Edited October 16, 2013 by Fruity Insanity

[Redwall]

you don't multiply 1/8192 by 5 because the pokemon in the horde of five are presumed to be shiny/un-shiny independently of each other. pokemon 1 (of five) being shiny does not preclude pokemon 2 (of five) from being shiny. bbm's calculation is consistent with what we understand of X/Y at this point, though it is entirely possible that, for example, the shininess rate has changed from 1/8192 for any given pokemon, or that the developers have coded something preventing multiple shinies from appearing in a horde, etc.

[Fruity Insanity]

Apparently, I wasn't thinking clearly, lol.

Edited October 16, 2013 by Fruity Insanity

[Nobody]

Exactly.

Which is why you add.

Because they are independent from one another.

Nessie is right. Think about it like this: there is a 8191/8192 probability that a pokemon isn't shiny. If you want 5 non shiny pokemon, you have to multiple 8191/8192 x 8191/8192 x 8191/8192 x 8191/8192 x 8191/8192. The probability of having at least one shiny is (1 - that). Believe me, I studied statistics.

Here:

http://en.wikipedia.org/wiki/Binomial_distribution

Edited October 16, 2013 by Nobody

[Redwall]

You're still wrong. You generally add things when they are mutually exclusive: for example, if I wanted to find the probability of getting a one, two, or four when rolling a fair die with six faces, in that case it would simply be 3/6 = 0.5. Rolling a one is mutually exclusive from rolling any other number. In this Pokemon example, having one Pokemon in a horde of five be shiny is not mutually exclusive from having another Pokemon in that horde of five be shiny.

Independent events are different; two events are independent if the occurrence of one doesn't influence the odds of the occurrence of the other. Events A and B are independent iff P(A and B) = P(A) * P(B), where P(blah) denotes the probability of blah occurring. Going back to the Pokemon example, then, if the probability of any given shiny Pokemon appearing is p_s, then the probability of a non-shiny occurring is 1-p_s. If we look at a set of five Pokemon, assuming that their shininess is independent, the probability that none are shiny is (1-p_s)^5 going by the P(A & B) = P(A) * P(B). The probability that at least one is shiny is 1 - (1-p_s)^5, which is what BBM has written.

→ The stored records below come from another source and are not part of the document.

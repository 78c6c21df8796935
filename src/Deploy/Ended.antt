-- ===== src/Deploy/Ended.antt =====
-- The status of a deployment job that has ended.
use mathlib.Core.Path.{subst}
use text.Mathlib.TextEquality.{eq_iff}
use esos_webui.Common.{
  All, Bool, Bool-cases, List, Option-cases, String, [], ap, false, find, inl, inr, map, refl,
  select, some, str_eq, sym, ℕ, ◌∙◌, ◌∷◌, ◌≡◌,
}
use esos_webui.Cluster.{SanRow}
use esos_webui.Deploy.Types.{DeploymentBinary, JobStatus, TargetStatus, JobRow, TargetRow, Tables}
use esos_webui.Deploy.Tables.{
  target_status, job_status, update_job_status, job_status-update, get_deployment_job_by_id,
  get_deployment_binary_by_id,
}
use esos_webui.Deploy.Runner.{Moment}
use esos_webui.Deploy.Verdict.{
  verdict, Apart, row_ids, task_ids, Agrees, statuses, Stands, results-statuses,
  status_of_results-verdict, Runs-Agrees, begin_all-Agrees,
}
use esos_webui.Deploy.JobRows.{Runs-jobs, begin_all-jobs}
use esos_webui.Deploy.Jobs.{
  Task, begin_all, running, begin_job, Runs, results, status_of_results, finish_job,
}

abbrev pub job_targets : String → Tables → List TargetRow
job_targets job_id db = select (λ t. str_eq t.job_id job_id) db.targets

All-row_ids-select {κ} :
    (P : String → Type κ) (p : TargetRow → Bool) (rs : List TargetRow)
    → All P (row_ids rs)
    → All P (row_ids (select p rs))
unfolding select
All-row_ids-select P p [] h = tt
All-row_ids-select P p (r ∷ rs) (here, later) = elim (Bool-cases (p r)) [
  | inl e ↦ rw e (here, All-row_ids-select P p rs later)
  | inr e ↦ rw e (All-row_ids-select P p rs later)
]

Apart-row_ids-select :
    (p : TargetRow → Bool) (rs : List TargetRow)
    → Apart (row_ids rs)
    → Apart (row_ids (select p rs))
unfolding select
Apart-row_ids-select p [] h = tt
Apart-row_ids-select p (r ∷ rs) (here, later) = elim (Bool-cases (p r)) [
  | inl e ↦
      rw e
        (All-row_ids-select (λ y. str_eq r.id y ≡ false) p rs here, Apart-row_ids-select p rs later)
  | inr e ↦ rw e (Apart-row_ids-select p rs later)
]

abbrev InRows : List TargetRow → String → Type 0
InRows rs id = (s : TargetStatus) × (target_status id rs ≡ some s)

InRows-more :
    (r : TargetRow) (rs : List TargetRow) (id : String) → InRows rs id → InRows (r ∷ rs) id
unfolding target_status
InRows-more r rs id (s, e) = elim (Bool-cases (str_eq r.id id)) [
  | inl same ↦ (r.status, rw same refl)
  | inr other ↦ (s, rw other e)
]

All-InRows-more :
    (r : TargetRow) (rs : List TargetRow) (ids : List String)
    → All (InRows rs) ids
    → All (InRows (r ∷ rs)) ids
All-InRows-more r rs [] h = tt
All-InRows-more r rs (id ∷ ids) (e, h) = (InRows-more r rs id e, All-InRows-more r rs ids h)

rows-InRows : (rs : List TargetRow) → All (InRows rs) (row_ids rs)
unfolding target_status
rows-InRows [] = tt
rows-InRows (r ∷ rs) = (
  (r.status, rw ((eq_iff r.id r.id).1 refl) refl),
  All-InRows-more r rs (row_ids rs) (rows-InRows rs),
)

find-job_status :
    (id : String) (rs : List JobRow) (job : JobRow)
    → find (λ r. str_eq r.id id) rs ≡ some job
    → job_status id rs ≡ some job.status
unfolding find job_status
find-job_status id [] job h = absurd (cc h)
find-job_status id (r ∷ rs) job h = elim (Bool-cases (str_eq r.id id)) [
  | inl e ↦ let same : r ≡ job = cc (rw e at h) in rw (e, same) refl
  | inr e ↦ rw e (find-job_status id rs job (rw e at h))
]

pair_eq {ℓ κ} :
    {A : Type ℓ} {B : Type κ} (r : A × B) {a : A} {b : B} → r.0 ≡ a → r.1 ≡ b → r ≡ (a, b)
pair_eq r p q = rw (← p, ← q) refl

-- What a job that runs has begun with.
pub begin_job-running :
    (at : Moment) (sans : List SanRow) (job_id : String) (db : Tables) (binary : DeploymentBinary)
    (db1 : Tables) (tasks : List Task)
    → begin_job at sans job_id db ≡ running binary db1 tasks
    → (old : JobStatus) × (job_status job_id db.jobs ≡ some old)
      × (begin_all binary at sans
            (job_targets job_id db)
            (update_job_status at.now job_id JobStatus.running db)
          ≡ (db1, tasks))
unfolding begin_job get_deployment_job_by_id
begin_job-running at sans job_id db binary db1 tasks h =
    elim (Option-cases (find (λ r. str_eq r.id job_id) db.jobs)) [
      | inl missing ↦ absurd (cc (rw (begin_job, get_deployment_job_by_id, missing) at h))
      | inr (job, found) ↦ elim (Option-cases (get_deployment_binary_by_id job.binary_id db)) [
        | inl missing ↦ absurd (cc (rw (begin_job, get_deployment_job_by_id, found, missing) at h))
        | inr (b, given) ↦
            let marked = update_job_status at.now job_id JobStatus.running db in
            let begun = rw (begin_job, get_deployment_job_by_id, found, given) at h in
            let same : b ≡ binary = cc begun in
            let tables : (begin_all b at sans (job_targets job_id db) marked).0 ≡ db1 = cc begun in
            let list : (begin_all b at sans (job_targets job_id db) marked).1 ≡ tasks = cc begun in
            (
              job.status,
              find-job_status job_id db.jobs job found,
              rw (← same) (pair_eq _ tables list),
            )
      ]
    ]

-- When every task of a deployment job has ended, whatever the answers to the tasks and their order,
-- the job's row says `success` if all its targets have the status `success` in the table, else
-- `failed` if all have `failed`, and else `partial`; the targets' rows have different ids.
pub job_status-verdict :
    (at : Moment) (sans : List SanRow) (job_id : String) (db : Tables) (binary : DeploymentBinary)
    (db1 : Tables) (tasks : List Task) (n : ℕ) (db2 : Tables) (ts : List Task) (oks : List Bool)
    (now : String)
    → Apart (row_ids db.targets)
    → begin_job at sans job_id db ≡ running binary db1 tasks
    → Runs binary db1 tasks n db2 ts
    → results ts ≡ some oks
    → job_status job_id (finish_job now job_id oks db2).jobs
      ≡ some (
          verdict
            (statuses (finish_job now job_id oks db2).targets (row_ids (job_targets job_id db))))
unfolding finish_job update_job_status
job_status-verdict at sans job_id db binary db1 tasks n db2 ts oks now apart begun run e =
    let (old, stands, all_begun) = begin_job-running at sans job_id db binary db1 tasks begun in
    let rows = job_targets job_id db in
    let marked = update_job_status at.now job_id JobStatus.running db in
    let rows_apart : Apart (row_ids rows) = Apart-row_ids-select _ db.targets apart in
    let rows_stand : All (Stands marked) (row_ids rows) =
      All-row_ids-select (InRows db.targets) _ db.targets (rows-InRows db.targets) in
    let (ids, agrees) = begin_all-Agrees binary at sans rows marked rows_apart rows_stand in
    let first : task_ids tasks ≡ row_ids rows = ap (λ r. task_ids r.1) (sym all_begun) ∙ ids in
    let agrees1 : Agrees db1 tasks = subst (λ r. Agrees r.0 r.1) all_begun agrees in
    let (same_ids, agrees2) = Runs-Agrees binary run (subst Apart (sym first) rows_apart) agrees1 in
    let said : statuses db2.targets (row_ids rows) ≡ map _ oks =
      ap (statuses db2.targets) (sym (same_ids ∙ first)) ∙ results-statuses db2 ts oks agrees2 e in
    let job_rows : db2.jobs ≡ marked.jobs =
      Runs-jobs binary run
      ∙ ap (λ r. r.0.jobs) (sym all_begun)
      ∙ begin_all-jobs binary at sans rows marked in
    let is_running : job_status job_id db2.jobs ≡ some JobStatus.running =
      ap (job_status job_id) job_rows
      ∙ job_status-update at.now job_id old JobStatus.running db stands in
    rw (said, ← status_of_results-verdict oks)
      (job_status-update now job_id JobStatus.running (status_of_results oks) db2 is_running)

For a simpler example, note that flipping a fair coin twice does not guarantee me a heads, even though heads will occur on 50% of attempts.

[Fruity Insanity]

You're still wrong. You generally add things when they are mutually exclusive: for example, if I wanted to find the probability of getting a one, two, or four when rolling a fair die with six faces, in that case it would simply be 3/6 = 0.5. Rolling a one is mutually exclusive from rolling any other number. In this Pokemon example, having one Pokemon in a horde of five be shiny is not mutually exclusive from having another Pokemon in that horde of five be shiny.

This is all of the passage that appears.